**PROBLEM TO SOLVE:**
Give again, word for word, every line below from the one that has "-- Of three" through the one that has "last_applied_at newest_applied ◌==◌", both included, and no others.

**SUPPLIED INFORMATION:**
□ □ □ □

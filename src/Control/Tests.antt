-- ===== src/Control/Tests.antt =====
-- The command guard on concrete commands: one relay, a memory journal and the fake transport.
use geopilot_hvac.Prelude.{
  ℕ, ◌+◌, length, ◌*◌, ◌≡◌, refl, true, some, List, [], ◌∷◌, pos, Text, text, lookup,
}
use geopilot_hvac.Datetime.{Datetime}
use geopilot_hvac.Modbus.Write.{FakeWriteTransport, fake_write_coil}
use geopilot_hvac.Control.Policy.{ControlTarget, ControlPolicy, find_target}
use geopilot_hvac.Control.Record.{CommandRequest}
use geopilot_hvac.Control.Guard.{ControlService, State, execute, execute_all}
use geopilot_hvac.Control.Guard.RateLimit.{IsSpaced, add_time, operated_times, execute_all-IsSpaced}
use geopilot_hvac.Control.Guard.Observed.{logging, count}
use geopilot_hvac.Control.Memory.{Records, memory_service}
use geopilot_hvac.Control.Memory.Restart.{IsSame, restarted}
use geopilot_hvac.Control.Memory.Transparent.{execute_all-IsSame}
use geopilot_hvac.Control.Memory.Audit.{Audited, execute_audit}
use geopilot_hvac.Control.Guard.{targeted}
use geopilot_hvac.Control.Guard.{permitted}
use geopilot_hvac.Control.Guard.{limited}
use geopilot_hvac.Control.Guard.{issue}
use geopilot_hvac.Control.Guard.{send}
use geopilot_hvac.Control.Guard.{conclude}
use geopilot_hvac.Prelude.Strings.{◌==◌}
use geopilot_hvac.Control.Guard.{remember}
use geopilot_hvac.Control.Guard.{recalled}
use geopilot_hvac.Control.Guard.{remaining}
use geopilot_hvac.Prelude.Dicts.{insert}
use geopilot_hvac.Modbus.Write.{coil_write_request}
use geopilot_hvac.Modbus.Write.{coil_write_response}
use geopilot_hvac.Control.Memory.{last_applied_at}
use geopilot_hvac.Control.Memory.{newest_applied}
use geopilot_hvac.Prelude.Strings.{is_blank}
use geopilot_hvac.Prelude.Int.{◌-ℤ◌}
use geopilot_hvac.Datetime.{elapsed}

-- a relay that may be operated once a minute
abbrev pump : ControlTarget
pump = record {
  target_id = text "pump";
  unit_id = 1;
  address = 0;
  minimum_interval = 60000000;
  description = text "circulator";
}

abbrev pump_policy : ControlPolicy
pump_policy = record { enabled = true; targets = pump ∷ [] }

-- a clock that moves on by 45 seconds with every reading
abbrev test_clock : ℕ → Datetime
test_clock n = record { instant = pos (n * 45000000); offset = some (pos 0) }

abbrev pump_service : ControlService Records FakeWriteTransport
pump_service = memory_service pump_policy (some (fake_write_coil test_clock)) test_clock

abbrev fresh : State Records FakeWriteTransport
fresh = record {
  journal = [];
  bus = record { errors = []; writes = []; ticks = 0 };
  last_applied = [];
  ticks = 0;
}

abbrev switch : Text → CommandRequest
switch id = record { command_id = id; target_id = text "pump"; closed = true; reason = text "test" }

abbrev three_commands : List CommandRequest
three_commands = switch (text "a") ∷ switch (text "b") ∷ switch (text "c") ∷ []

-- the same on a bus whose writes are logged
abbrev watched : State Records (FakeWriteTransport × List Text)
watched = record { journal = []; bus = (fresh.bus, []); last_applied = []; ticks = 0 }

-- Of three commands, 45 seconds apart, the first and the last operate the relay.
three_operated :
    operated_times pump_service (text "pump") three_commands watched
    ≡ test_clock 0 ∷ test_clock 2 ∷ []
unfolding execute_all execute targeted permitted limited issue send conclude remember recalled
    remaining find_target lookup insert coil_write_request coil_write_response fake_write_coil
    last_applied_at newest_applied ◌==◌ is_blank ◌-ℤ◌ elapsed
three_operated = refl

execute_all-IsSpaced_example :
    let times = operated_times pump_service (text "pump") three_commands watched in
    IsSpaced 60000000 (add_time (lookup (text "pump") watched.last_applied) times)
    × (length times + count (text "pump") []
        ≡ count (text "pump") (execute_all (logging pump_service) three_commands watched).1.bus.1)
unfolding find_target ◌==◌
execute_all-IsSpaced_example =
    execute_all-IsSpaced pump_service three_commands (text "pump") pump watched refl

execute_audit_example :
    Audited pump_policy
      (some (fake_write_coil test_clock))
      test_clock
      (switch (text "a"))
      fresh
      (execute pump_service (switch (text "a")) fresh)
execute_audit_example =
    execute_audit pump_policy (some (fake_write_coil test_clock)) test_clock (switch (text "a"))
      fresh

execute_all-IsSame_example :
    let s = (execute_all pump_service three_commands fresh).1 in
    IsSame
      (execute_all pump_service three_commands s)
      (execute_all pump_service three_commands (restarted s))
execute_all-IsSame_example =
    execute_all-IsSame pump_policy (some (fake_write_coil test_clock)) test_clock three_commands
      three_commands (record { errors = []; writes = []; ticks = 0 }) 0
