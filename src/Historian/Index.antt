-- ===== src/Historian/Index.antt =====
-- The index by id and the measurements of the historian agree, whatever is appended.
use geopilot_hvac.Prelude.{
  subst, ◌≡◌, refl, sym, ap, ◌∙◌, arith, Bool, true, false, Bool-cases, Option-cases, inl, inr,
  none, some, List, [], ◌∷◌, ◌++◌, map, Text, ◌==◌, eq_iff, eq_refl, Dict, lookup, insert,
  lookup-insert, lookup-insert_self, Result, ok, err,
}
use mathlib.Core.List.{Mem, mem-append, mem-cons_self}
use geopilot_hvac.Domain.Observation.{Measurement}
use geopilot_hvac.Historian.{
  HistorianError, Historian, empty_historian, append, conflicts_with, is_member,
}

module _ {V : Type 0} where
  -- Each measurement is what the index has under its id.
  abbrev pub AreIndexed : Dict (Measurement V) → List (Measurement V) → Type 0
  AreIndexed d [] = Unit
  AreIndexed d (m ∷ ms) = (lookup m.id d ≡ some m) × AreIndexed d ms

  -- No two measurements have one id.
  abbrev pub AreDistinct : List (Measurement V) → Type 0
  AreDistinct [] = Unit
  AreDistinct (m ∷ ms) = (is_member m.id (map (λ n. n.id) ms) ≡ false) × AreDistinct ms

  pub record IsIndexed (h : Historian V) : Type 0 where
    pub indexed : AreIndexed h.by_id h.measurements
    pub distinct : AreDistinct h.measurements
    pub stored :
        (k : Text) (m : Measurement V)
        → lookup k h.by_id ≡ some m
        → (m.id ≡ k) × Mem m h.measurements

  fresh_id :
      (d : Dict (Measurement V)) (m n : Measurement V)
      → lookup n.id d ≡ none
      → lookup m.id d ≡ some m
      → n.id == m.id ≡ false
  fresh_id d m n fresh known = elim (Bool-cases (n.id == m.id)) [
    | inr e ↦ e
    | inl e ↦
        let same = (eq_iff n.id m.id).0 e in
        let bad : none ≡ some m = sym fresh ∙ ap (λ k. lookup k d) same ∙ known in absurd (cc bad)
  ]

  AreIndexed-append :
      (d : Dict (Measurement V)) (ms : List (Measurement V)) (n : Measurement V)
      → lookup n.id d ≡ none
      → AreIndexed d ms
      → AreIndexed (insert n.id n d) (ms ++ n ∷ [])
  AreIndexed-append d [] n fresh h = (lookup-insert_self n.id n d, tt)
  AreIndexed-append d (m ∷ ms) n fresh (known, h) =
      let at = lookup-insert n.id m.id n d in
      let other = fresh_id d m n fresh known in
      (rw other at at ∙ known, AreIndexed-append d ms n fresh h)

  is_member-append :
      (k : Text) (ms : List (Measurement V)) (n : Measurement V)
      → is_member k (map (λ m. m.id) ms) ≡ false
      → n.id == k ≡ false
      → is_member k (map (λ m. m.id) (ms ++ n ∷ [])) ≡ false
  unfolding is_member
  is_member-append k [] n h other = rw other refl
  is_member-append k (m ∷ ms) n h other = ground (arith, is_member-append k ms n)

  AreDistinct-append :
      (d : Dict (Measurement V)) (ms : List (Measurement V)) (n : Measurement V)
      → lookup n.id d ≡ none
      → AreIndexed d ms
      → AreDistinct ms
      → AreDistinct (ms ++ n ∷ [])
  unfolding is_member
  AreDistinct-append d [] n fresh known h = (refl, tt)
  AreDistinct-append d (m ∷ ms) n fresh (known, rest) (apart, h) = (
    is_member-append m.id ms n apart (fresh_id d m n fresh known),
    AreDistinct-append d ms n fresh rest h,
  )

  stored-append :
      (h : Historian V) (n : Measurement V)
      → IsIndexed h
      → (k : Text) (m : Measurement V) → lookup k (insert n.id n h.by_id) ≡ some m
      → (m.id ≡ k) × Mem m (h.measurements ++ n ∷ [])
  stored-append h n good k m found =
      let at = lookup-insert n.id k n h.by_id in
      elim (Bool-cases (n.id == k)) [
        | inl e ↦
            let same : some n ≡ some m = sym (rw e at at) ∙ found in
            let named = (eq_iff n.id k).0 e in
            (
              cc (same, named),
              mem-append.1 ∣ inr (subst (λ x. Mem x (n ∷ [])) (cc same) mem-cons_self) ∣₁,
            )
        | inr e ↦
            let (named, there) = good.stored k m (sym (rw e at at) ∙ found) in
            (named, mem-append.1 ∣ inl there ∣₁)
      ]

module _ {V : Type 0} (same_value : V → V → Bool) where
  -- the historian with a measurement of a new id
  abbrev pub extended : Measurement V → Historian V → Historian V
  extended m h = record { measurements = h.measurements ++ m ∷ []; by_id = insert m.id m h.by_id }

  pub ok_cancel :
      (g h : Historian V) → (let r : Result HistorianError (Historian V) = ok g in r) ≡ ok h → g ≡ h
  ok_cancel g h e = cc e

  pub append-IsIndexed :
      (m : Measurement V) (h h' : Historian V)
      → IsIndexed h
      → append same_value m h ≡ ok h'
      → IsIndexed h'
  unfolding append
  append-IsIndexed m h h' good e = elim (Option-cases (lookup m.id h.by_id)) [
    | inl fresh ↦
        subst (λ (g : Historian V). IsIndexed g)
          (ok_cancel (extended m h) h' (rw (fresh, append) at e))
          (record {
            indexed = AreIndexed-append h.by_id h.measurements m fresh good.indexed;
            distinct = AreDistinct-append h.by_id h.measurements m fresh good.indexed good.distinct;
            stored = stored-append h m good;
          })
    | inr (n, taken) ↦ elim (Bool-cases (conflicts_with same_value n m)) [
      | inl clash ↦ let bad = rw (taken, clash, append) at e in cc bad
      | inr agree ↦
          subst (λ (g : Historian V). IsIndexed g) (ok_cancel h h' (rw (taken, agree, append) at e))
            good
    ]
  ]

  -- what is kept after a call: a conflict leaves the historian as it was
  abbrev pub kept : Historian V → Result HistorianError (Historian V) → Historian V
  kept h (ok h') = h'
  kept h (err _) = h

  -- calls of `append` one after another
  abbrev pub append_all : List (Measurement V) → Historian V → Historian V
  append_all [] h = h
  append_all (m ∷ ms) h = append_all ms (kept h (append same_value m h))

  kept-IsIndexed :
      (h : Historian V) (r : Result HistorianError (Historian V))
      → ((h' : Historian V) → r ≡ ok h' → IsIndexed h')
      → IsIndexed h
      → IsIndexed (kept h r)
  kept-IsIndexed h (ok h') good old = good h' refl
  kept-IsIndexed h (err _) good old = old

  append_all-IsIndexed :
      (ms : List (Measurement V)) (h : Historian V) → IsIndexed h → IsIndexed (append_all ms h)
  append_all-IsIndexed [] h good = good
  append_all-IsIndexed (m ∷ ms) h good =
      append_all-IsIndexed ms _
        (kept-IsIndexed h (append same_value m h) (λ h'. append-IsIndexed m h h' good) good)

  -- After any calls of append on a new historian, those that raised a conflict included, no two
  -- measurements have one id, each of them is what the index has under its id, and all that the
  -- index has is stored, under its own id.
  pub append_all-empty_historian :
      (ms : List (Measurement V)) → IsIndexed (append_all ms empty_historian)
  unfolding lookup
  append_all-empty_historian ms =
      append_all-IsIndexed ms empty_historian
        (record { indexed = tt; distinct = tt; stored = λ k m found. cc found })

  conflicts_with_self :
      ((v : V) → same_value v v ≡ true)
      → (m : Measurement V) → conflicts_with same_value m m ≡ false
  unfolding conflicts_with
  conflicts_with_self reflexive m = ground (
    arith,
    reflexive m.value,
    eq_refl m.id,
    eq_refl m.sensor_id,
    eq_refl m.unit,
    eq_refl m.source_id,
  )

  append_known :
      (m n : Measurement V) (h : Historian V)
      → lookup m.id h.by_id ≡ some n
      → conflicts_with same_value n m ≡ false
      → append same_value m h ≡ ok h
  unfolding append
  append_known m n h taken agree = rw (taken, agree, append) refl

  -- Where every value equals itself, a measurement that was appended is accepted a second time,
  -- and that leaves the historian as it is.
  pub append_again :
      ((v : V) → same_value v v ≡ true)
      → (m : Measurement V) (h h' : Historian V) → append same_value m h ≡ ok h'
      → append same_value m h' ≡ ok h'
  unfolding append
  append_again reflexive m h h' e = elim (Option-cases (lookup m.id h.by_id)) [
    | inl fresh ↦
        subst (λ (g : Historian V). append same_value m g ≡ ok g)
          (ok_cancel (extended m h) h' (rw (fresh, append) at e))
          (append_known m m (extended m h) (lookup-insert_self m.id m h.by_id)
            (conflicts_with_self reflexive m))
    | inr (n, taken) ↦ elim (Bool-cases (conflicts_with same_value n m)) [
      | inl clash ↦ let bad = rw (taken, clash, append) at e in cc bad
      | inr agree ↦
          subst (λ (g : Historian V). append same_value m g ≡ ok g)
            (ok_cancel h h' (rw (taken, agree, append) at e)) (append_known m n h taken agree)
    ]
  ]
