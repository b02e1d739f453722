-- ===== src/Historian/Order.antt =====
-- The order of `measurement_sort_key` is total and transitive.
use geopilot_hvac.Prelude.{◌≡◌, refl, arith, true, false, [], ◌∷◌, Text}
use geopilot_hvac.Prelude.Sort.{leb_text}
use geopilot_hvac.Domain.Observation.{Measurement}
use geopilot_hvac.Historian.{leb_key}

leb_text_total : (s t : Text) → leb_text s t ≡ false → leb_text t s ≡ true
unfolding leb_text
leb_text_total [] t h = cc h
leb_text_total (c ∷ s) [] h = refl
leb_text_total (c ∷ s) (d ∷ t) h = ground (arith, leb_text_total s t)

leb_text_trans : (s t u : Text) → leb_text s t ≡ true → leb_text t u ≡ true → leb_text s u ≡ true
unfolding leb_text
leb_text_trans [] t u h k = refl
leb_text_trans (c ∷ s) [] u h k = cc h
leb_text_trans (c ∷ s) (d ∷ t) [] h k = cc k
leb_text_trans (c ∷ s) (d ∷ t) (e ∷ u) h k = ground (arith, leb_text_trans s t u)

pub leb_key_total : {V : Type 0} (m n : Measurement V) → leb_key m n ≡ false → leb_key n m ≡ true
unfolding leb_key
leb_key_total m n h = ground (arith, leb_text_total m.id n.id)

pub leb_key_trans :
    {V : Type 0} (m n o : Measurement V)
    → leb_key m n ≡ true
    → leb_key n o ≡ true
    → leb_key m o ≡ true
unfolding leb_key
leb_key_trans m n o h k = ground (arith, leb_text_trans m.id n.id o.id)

□ □ □ □

**SOLUTION BELOW:**
-- Of three commands, 45 seconds apart, the first and the last operate the relay.
three_operated :
    operated_times pump_service (text "pump") three_commands watched
    ≡ test_clock 0 ∷ test_clock 2 ∷ []
unfolding execute_all execute targeted permitted limited issue send conclude remember recalled
    remaining find_target lookup insert coil_write_request coil_write_response fake_write_coil
    last_applied_at newest_applied ◌==◌ is_blank ◌-ℤ◌ elapsed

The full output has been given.